When you reach the line in the listing below that contains "(with_served sv describe", begin returning lines exactly as written, and stop after the line that contains "-- Where no". Return no other lines.

(Record extracts Opens)

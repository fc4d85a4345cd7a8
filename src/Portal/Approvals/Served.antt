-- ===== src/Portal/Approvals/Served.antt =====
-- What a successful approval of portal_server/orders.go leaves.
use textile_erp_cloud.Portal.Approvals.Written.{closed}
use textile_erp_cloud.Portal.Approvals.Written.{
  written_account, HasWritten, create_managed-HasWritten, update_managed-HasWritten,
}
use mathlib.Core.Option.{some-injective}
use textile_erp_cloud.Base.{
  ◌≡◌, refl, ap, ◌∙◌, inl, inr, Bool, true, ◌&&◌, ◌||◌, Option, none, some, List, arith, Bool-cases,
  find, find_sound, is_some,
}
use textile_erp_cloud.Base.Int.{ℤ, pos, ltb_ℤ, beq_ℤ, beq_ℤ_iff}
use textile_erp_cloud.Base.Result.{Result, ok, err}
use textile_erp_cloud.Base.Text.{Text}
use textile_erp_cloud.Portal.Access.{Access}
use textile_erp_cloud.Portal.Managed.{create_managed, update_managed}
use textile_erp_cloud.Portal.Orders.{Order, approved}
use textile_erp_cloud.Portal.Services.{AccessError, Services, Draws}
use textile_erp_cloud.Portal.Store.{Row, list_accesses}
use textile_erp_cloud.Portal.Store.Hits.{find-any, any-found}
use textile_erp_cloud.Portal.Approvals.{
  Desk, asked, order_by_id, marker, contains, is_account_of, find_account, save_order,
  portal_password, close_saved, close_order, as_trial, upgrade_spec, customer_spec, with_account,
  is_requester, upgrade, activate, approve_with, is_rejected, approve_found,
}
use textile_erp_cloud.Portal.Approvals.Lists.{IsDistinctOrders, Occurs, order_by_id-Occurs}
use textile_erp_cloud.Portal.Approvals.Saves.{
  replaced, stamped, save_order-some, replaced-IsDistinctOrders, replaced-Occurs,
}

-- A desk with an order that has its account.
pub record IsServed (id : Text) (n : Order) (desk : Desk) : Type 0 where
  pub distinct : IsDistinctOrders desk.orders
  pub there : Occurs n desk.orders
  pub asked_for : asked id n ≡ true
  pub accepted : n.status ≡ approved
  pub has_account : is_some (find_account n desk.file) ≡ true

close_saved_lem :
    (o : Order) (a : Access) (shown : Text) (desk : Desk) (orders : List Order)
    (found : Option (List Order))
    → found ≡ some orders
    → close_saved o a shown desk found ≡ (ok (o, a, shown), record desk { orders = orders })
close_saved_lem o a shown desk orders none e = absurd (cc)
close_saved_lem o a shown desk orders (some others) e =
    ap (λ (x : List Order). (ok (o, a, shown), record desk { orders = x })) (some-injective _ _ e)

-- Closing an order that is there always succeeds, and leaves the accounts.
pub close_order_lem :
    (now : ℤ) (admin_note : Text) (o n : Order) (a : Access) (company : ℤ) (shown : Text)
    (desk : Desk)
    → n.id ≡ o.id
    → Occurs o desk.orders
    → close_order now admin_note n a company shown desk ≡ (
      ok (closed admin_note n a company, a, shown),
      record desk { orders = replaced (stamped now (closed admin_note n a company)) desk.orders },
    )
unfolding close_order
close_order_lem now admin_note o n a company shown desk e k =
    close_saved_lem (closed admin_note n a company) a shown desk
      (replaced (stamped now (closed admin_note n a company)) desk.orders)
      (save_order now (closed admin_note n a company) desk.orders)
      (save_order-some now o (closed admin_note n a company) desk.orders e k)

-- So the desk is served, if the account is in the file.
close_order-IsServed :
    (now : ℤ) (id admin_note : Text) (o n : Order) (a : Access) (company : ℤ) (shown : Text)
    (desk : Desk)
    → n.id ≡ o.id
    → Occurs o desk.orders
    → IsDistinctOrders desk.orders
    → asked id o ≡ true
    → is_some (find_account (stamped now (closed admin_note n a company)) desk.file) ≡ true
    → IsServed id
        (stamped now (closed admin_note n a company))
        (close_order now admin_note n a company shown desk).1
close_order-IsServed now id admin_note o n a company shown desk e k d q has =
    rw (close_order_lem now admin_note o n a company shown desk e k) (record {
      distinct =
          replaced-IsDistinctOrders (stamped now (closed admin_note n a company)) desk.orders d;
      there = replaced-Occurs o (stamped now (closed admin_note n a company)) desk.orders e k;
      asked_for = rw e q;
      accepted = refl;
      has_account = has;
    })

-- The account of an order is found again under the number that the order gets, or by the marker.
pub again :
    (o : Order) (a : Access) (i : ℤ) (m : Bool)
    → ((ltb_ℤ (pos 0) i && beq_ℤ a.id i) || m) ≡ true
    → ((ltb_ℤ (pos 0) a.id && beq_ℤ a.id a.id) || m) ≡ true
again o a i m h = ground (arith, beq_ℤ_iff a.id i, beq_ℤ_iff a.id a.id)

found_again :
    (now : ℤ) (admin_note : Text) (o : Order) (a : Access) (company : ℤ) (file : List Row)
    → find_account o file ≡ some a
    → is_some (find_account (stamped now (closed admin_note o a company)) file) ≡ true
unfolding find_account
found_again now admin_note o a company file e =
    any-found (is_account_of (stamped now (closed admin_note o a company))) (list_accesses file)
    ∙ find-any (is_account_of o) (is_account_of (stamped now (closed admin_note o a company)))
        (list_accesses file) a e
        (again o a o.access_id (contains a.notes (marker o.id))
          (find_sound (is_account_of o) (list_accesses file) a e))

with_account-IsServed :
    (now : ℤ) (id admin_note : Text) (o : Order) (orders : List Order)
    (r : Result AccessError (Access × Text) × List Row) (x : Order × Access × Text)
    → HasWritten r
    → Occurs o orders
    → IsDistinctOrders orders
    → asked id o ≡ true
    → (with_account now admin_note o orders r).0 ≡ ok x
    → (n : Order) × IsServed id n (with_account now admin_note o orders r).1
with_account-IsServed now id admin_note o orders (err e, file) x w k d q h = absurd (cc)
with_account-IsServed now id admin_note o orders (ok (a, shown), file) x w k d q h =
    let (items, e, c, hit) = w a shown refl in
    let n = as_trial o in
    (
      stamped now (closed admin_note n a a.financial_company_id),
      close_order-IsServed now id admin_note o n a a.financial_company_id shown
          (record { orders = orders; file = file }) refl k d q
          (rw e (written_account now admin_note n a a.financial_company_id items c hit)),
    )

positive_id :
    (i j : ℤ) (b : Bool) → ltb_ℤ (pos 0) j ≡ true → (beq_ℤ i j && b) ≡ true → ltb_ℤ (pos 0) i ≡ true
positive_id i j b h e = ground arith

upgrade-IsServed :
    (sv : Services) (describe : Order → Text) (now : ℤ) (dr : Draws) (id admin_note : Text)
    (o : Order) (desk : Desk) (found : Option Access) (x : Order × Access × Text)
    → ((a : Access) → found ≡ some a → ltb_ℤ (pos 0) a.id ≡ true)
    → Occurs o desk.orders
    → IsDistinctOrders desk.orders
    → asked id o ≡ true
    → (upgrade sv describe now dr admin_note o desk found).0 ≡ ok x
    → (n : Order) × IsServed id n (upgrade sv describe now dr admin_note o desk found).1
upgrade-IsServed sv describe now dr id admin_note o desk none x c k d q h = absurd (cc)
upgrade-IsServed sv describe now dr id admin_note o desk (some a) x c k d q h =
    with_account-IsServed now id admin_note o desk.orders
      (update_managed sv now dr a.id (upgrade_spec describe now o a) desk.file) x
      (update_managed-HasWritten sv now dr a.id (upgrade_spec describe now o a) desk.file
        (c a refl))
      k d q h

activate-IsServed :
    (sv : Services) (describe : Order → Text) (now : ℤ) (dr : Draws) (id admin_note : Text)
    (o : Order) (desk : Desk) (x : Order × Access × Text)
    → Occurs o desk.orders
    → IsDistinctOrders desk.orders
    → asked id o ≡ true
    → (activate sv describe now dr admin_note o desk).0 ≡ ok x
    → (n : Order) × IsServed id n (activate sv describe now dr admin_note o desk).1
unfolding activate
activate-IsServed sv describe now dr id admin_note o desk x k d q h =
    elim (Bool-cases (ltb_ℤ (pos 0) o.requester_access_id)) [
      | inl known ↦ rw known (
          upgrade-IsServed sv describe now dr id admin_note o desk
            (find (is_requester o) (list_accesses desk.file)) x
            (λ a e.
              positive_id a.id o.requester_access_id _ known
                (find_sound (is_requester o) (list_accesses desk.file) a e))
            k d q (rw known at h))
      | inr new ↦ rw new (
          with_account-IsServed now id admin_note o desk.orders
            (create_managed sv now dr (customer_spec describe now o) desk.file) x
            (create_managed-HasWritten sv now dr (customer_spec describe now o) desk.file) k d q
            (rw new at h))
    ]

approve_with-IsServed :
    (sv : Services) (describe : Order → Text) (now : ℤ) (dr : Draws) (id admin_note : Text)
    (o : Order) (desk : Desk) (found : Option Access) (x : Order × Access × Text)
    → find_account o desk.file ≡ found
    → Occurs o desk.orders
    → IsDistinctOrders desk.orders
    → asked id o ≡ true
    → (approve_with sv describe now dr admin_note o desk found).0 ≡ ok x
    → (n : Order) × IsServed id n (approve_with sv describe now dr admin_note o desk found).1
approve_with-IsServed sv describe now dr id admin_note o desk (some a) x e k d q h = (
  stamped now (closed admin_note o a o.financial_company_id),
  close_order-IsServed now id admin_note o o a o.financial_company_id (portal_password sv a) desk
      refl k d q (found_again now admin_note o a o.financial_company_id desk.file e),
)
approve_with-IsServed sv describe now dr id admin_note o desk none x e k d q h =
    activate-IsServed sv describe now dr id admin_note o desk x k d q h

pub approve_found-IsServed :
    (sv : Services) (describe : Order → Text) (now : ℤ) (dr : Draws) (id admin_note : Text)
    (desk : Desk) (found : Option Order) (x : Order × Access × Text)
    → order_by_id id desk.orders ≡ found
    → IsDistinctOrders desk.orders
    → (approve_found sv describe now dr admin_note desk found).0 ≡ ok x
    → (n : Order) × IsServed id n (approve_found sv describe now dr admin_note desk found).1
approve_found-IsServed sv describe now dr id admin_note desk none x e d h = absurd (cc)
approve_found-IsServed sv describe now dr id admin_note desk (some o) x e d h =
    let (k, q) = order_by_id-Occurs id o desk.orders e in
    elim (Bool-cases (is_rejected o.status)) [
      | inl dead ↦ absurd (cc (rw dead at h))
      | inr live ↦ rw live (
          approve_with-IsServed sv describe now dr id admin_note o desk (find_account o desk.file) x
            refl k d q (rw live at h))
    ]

(Record extracts Closes)
(Record extracts Opens)

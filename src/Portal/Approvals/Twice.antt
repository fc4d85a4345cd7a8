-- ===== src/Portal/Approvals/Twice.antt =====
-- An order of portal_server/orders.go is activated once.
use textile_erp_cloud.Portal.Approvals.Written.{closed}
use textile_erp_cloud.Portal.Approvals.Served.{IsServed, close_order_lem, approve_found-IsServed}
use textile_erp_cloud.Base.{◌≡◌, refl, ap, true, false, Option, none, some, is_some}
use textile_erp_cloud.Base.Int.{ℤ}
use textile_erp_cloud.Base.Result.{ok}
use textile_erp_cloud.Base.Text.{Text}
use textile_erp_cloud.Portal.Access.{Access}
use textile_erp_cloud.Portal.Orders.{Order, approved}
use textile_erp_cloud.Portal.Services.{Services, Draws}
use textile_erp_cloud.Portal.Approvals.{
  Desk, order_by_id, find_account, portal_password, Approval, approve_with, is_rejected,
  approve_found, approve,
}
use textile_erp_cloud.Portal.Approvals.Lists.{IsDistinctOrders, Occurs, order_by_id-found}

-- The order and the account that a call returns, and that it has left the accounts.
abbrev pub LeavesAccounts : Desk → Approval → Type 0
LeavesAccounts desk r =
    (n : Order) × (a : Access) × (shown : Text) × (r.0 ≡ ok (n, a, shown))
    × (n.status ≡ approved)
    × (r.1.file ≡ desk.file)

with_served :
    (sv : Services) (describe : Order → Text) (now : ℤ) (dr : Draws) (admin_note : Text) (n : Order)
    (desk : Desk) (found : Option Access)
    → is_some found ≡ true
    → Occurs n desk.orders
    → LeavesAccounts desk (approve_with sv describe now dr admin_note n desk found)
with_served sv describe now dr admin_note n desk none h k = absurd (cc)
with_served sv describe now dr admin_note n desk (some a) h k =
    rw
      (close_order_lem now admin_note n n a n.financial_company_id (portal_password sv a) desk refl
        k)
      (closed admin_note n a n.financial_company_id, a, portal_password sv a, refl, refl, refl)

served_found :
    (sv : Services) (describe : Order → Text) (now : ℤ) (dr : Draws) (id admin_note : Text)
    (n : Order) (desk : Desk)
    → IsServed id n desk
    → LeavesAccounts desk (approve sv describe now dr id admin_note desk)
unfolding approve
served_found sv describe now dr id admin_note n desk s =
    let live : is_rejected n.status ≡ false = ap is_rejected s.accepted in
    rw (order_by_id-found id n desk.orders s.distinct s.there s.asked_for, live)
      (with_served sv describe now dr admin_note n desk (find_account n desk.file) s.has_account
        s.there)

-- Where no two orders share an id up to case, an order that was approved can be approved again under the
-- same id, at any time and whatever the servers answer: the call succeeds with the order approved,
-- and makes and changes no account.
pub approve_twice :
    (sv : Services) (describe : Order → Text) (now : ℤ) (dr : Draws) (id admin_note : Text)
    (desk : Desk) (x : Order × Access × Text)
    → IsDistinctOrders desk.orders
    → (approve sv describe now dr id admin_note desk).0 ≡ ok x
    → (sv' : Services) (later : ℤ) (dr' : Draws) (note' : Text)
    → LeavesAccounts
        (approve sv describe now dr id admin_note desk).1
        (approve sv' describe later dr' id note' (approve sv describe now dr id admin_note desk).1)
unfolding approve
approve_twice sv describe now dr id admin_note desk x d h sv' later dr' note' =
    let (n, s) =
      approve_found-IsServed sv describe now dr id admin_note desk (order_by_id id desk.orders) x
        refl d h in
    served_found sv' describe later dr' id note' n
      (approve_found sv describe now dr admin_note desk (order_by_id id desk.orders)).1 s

(Record extracts Closes)
(Record extracts Opens)

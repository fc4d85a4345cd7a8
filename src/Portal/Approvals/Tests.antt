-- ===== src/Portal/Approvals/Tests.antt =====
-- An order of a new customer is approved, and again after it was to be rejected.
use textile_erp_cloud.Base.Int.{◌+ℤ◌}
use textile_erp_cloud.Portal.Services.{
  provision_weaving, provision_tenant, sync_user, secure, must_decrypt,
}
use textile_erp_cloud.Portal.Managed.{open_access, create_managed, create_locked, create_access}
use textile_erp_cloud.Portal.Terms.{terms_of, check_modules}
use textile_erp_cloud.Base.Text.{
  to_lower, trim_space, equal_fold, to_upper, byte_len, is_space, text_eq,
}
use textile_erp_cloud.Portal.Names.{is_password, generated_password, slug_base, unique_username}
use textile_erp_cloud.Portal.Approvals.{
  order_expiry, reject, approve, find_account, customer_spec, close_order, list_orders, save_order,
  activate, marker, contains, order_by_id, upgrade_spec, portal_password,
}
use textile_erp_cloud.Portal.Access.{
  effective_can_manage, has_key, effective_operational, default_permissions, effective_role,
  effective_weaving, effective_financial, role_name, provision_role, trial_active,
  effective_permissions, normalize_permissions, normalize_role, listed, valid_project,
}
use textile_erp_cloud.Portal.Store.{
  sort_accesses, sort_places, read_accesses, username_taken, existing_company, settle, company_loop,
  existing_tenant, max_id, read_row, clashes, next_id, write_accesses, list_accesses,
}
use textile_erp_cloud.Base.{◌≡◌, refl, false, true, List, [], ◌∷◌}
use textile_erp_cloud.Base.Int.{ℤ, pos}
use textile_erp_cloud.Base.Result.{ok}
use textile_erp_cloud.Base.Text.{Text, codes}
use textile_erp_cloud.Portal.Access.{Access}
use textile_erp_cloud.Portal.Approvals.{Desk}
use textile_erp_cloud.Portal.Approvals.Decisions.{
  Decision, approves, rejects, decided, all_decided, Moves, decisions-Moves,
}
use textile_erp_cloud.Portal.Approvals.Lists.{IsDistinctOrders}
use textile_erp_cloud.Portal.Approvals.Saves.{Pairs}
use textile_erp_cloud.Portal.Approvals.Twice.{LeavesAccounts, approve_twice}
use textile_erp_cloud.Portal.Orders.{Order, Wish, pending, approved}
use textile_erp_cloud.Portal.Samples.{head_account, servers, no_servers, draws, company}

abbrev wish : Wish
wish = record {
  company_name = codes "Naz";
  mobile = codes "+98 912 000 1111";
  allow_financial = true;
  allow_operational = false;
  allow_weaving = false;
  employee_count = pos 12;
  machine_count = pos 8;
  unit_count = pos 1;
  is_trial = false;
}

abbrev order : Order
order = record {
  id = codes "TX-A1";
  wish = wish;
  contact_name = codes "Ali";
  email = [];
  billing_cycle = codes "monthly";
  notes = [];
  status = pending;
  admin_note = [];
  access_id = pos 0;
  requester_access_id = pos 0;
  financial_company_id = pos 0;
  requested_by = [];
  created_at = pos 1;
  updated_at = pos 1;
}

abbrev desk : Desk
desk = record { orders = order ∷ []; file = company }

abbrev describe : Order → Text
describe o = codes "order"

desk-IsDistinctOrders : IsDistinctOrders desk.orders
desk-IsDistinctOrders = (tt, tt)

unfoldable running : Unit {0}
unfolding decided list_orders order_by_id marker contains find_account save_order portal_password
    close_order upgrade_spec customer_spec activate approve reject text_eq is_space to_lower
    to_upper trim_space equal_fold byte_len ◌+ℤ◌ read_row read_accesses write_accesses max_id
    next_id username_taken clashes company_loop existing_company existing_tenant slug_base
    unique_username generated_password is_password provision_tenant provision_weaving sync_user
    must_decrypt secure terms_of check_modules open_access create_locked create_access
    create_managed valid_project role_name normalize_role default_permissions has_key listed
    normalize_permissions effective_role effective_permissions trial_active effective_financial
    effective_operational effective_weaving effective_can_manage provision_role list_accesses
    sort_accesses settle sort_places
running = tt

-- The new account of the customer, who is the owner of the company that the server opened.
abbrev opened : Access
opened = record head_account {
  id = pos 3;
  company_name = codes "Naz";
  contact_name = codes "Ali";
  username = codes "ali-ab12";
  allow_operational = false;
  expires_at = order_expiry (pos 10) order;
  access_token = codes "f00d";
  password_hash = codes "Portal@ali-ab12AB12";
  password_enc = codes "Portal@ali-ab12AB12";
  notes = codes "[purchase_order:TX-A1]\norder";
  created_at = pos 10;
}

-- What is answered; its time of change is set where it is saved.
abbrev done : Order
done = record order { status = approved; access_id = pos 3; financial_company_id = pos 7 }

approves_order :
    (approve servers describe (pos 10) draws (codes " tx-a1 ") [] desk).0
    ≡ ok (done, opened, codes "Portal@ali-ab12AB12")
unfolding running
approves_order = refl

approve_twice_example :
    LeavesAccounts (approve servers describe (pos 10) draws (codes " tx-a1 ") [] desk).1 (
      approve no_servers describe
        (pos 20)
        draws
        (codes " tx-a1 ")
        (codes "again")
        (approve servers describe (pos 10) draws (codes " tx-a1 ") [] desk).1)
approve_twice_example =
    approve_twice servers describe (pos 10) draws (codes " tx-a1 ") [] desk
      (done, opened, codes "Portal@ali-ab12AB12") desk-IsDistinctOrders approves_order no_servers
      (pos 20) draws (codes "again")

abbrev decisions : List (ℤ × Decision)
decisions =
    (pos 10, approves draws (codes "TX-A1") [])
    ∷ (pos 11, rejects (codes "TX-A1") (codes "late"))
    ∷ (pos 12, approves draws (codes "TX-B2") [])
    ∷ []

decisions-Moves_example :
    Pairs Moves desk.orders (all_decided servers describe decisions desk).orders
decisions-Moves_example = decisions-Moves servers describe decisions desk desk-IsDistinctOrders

(Record extracts Closes)

# [Response]
      (with_served sv describe now dr admin_note n desk (find_account n desk.file) s.has_account
        s.there)

-- Where no two orders share an id up to case, an order that was approved can be approved again under the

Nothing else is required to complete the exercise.